2018 a encore bien des mois pour briller côté ciné, et pourtant La Forme de l'eau de Guillermo del Toro risque de déjà figurer parmi les films préférés de l'année de bien des spectateurs. On vous dit pourquoi dans cette critique qui reste en surface pour ne rien gâcher.
Pour accompagner au mieux la lecture de notre critique, nous vous invitons à lancer la musique ci-dessous.
[https://www.youtube.com/watch?v=HA8dDFFvOUw][1]
Si vous ne regardez pas la fort sympathique série animée Trollhunters sur Netflix, cela doit probablement faire un petit moment que vous n’avez pas vu une oeuvre signée Guillermo del Toro. L’homme aux multiples casquettes n’a en effet pas fait grand-chose depuis Pacific Rim en 2013 puis Crimson Peak en 2015, et a visiblement depuis préféré se concentrer sur le film qui nous intéresse ici : La Forme de l’eau (ou The Shape of Water en VO, puisque nous l’avons vu en VO comme il se doit). Grand bien lui en a pris, car son nouveau long-métrage où il fait à la fois office de réalisateur, scénariste et producteur est une petite merveille.

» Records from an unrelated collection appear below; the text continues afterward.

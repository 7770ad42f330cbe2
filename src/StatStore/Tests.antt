-- ===== src/StatStore/Tests.antt =====
-- One log, whose JSON is its version, in memory and on a disk that is a function.
use dzzzr_cli.Base.{
  ℕ, ◌≡◌, refl, Bool, true, false, ◌&&◌, Option, none, some, inl, inr, ◌⊎◌, List, [], ◌∷◌, ◌++◌,
  arith, ◌==◌, if◌then◌else◌, Text, codes, text_eq, Bool-cases, eq_of-text_eq, text_eq_refl, subst,
  sym, ap, All, &&-eq-true,
}
use dzzzr_cli.StatStore.Logs.{StoredLog, Services, RoundTrips}
use dzzzr_cli.StatStore.Memory.{Memory, update}
use dzzzr_cli.StatStore.Memory.Versions.{IsStored, Request, updates, handle_all, IsFresh}
use dzzzr_cli.StatStore.Memory.Update.{IsNext, update-IsNext, update_stays}
use dzzzr_cli.StatStore.Disk.{Directory, load_file}
use dzzzr_cli.StatStore.Disk.Laws.{IsReadable, DirectoryLaws}
use dzzzr_cli.StatStore.Disk.Kept.{revision_of, changed, load_file_keeps}

abbrev the_id : Text
the_id = codes "0123456789abcdef0123456789abcdef"

abbrev version : ℕ → StoredLog ℕ
version n = record { id = the_id; name = codes "n"; content = codes "c"; config = 7; revision = n }

is_the_log : StoredLog ℕ → Bool
is_the_log l =
    text_eq l.id the_id
    && (text_eq l.name (codes "n") && (text_eq l.content (codes "c") && (l.config == 7)))

decode_version : Text → Text ⊎ StoredLog ℕ
decode_version [] = inl []
decode_version (n ∷ s) = inr (version n)

abbrev services : Services ℕ
services = record {
  build = λ name content cfg. inr 7;
  encode = λ l. if is_the_log l then inr (l.revision ∷ []) else inl (codes "not encoded");
  decode = decode_version;
}

parts :
    (l : StoredLog ℕ)
    → is_the_log l ≡ true
    → (l.id ≡ the_id) × ((l.name ≡ codes "n") × ((l.content ≡ codes "c") × (l.config ≡ 7)))
unfolding is_the_log
parts l h =
    let (i, rest) = &&-eq-true _ _ h in
    let (n, rest') = &&-eq-true _ _ rest in
    let (c, g) = &&-eq-true _ _ rest' in
    (eq_of-text_eq _ _ i, (eq_of-text_eq _ _ n, (eq_of-text_eq _ _ c, ground (arith, g))))

is_the_log-version : (l : StoredLog ℕ) → is_the_log l ≡ true → version l.revision ≡ l
unfolding is_the_log
is_the_log-version l h =
    let (i, (n, (c, g))) = parts l h in
    λ k. record {
      id = sym i k;
      name = sym n k;
      content = sym c k;
      config = sym g k;
      revision = l.revision;
    }

codec : RoundTrips services
unfolding decode_version
codec = record {
  decode-encode = λ l b e. elim (Bool-cases (is_the_log l)) [
    | inr other ↦ cc (rw other at e)
    | inl same ↦
        let bytes : l.revision ∷ [] ≡ b = cc (rw same at e) in
        subst (λ c. decode_version c ≡ inr l) bytes (ap inr (is_the_log-version l same))
  ];
}

abbrev memory : Memory
memory = (the_id, 1 ∷ []) ∷ []

memory-IsStored : All (IsStored services) memory
unfolding IsStored decode_version
memory-IsStored = ((version 1, (refl, refl)), tt)

abbrev updated_memory : Memory
updated_memory = (the_id, 2 ∷ []) ∷ memory

updated : update services the_id 1 7 memory ≡ (inr (version 2), updated_memory)
unfolding update text_eq decode_version is_the_log
updated = refl

other_id : text_eq the_id (codes "other") ≡ false
unfolding text_eq
other_id = refl

update-IsNext_example :
    IsNext services codec the_id 1 7 memory (version 2) updated_memory (codes "other")
update-IsNext_example =
    update-IsNext services codec the_id 1 7 memory (version 2) updated_memory (codes "other")
      memory-IsStored other_id updated

abbrev requests : List (Request services)
requests = updates the_id 1 7 ∷ updates the_id 2 7 ∷ []

update_stays_example :
    (err : Text) × (update services the_id 1 7 (handle_all services requests updated_memory)
      ≡ (inl err, handle_all services requests updated_memory))
unfolding IsFresh
update_stays_example =
    update_stays services codec the_id 1 7 memory (version 2) updated_memory memory-IsStored updated
      requests (tt, (tt, tt)) 1 7 (omega arith)

abbrev Files : Type 0
Files = Text → Option Text

abbrev read_or : Option Text → Text ⊎ Text
read_or none = inl (codes "no such file")
read_or (some b) = inr b

abbrev moved : Text → Text → Files → Option Text → Option Text × Files
moved from to w none = (some (codes "no such file"), w)
moved from to w (some b) =
    (none, λ m. if text_eq to m then some b else if text_eq from m then none else w m)

abbrev directory : Directory Files
directory = record {
  make_root = λ w. (none, w);
  open_root = λ w. none;
  read_file = λ n w. read_or (w n);
  write_file = λ n b w. (none, λ m. if text_eq n m then some b else w m);
  rename = λ from to w. moved from to w (w from);
  remove = λ n w m. if text_eq n m then none else w m;
}

moved_keeps :
    (from to n b : Text) (w : Files) (r : Option Text)
    → text_eq from n ≡ false
    → text_eq to n ≡ false
    → read_or (w n) ≡ inr b
    → read_or ((moved from to w r).1 n) ≡ inr b
moved_keeps from to n b w none not_from not_to h = h
moved_keeps from to n b w (some c) not_from not_to h = rw (not_to, not_from) h

moved_fails :
    (from to n b err : Text) (w : Files) (r : Option Text)
    → (moved from to w r).0 ≡ some err
    → read_or (w n) ≡ inr b
    → read_or ((moved from to w r).1 n) ≡ inr b
moved_fails from to n b err w none e h = h
moved_fails from to n b err w (some c) e h = cc e

moved_reads :
    (from to b : Text) (w : Files) (r : Option Text)
    → (moved from to w r).0 ≡ none
    → read_or r ≡ inr b
    → read_or ((moved from to w r).1 to) ≡ inr b
moved_reads from to b w none e h = cc e
moved_reads from to b w (some c) e h = rw (text_eq_refl to) h

laws : DirectoryLaws directory
unfolding IsReadable
laws = record {
  make_root_keeps = λ n b w h. h;
  write_keeps = λ name c n b w other h. (refl, rw other h.1);
  write_reads = λ name c w o e. (refl, rw (text_eq_refl name) refl);
  rename_keeps = λ from to n b w not_from not_to h.
      (refl, moved_keeps from to n b w (w from) not_from not_to h.1);
  rename_fails = λ from to n b err w e h. (refl, moved_fails from to n b err w (w from) e h.1);
  rename_reads = λ from to b w e h. (refl, moved_reads from to b w (w from) e h.1);
  remove_keeps = λ name n b w other h. (refl, rw other h.1);
}

abbrev disk : Files
disk m = if text_eq (the_id ++ codes ".json") m then some (1 ∷ []) else none

stored : load_file directory services the_id disk ≡ inr (version 1)
unfolding load_file text_eq decode_version
stored = refl

load_file_keeps_example :
    (load_file directory services the_id
        (changed directory services laws (revision_of the_id 1 7) disk).1
      ≡ inr (version 1))
    ⊎ ((l : StoredLog ℕ) × ((changed directory services laws (revision_of the_id 1 7) disk).0
          ≡ inr l)
        × (l.id ≡ the_id)
        × (load_file directory services the_id
              (changed directory services laws (revision_of the_id 1 7) disk).1
            ≡ inr l))
load_file_keeps_example =
    load_file_keeps directory services laws codec (revision_of the_id 1 7) the_id disk (version 1)
      stored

Beaucoup d’eau salée mais pas trop de larmes
Dans The Shape of Water, nous sommes en 1962 en pleine Guerre froide. L’intrigue suit Elisa Esposito (Sally Hawkins), une femme de ménage muette qui travaille dans un laboratoire gouvernemental américain secret. Malgré les présences de son amie et collègue Zelda (Octavia Spencer) et de son ami et voisin Giles (Richard Jenkins), notre héroïne a une vie très routinière et solitaire. Mais cela va changer quand elle va découvrir que son lieu de travail abrite une créature humanoïde amphibie avec laquelle elle va se lier malgré les règles et l’impossibilité de parler.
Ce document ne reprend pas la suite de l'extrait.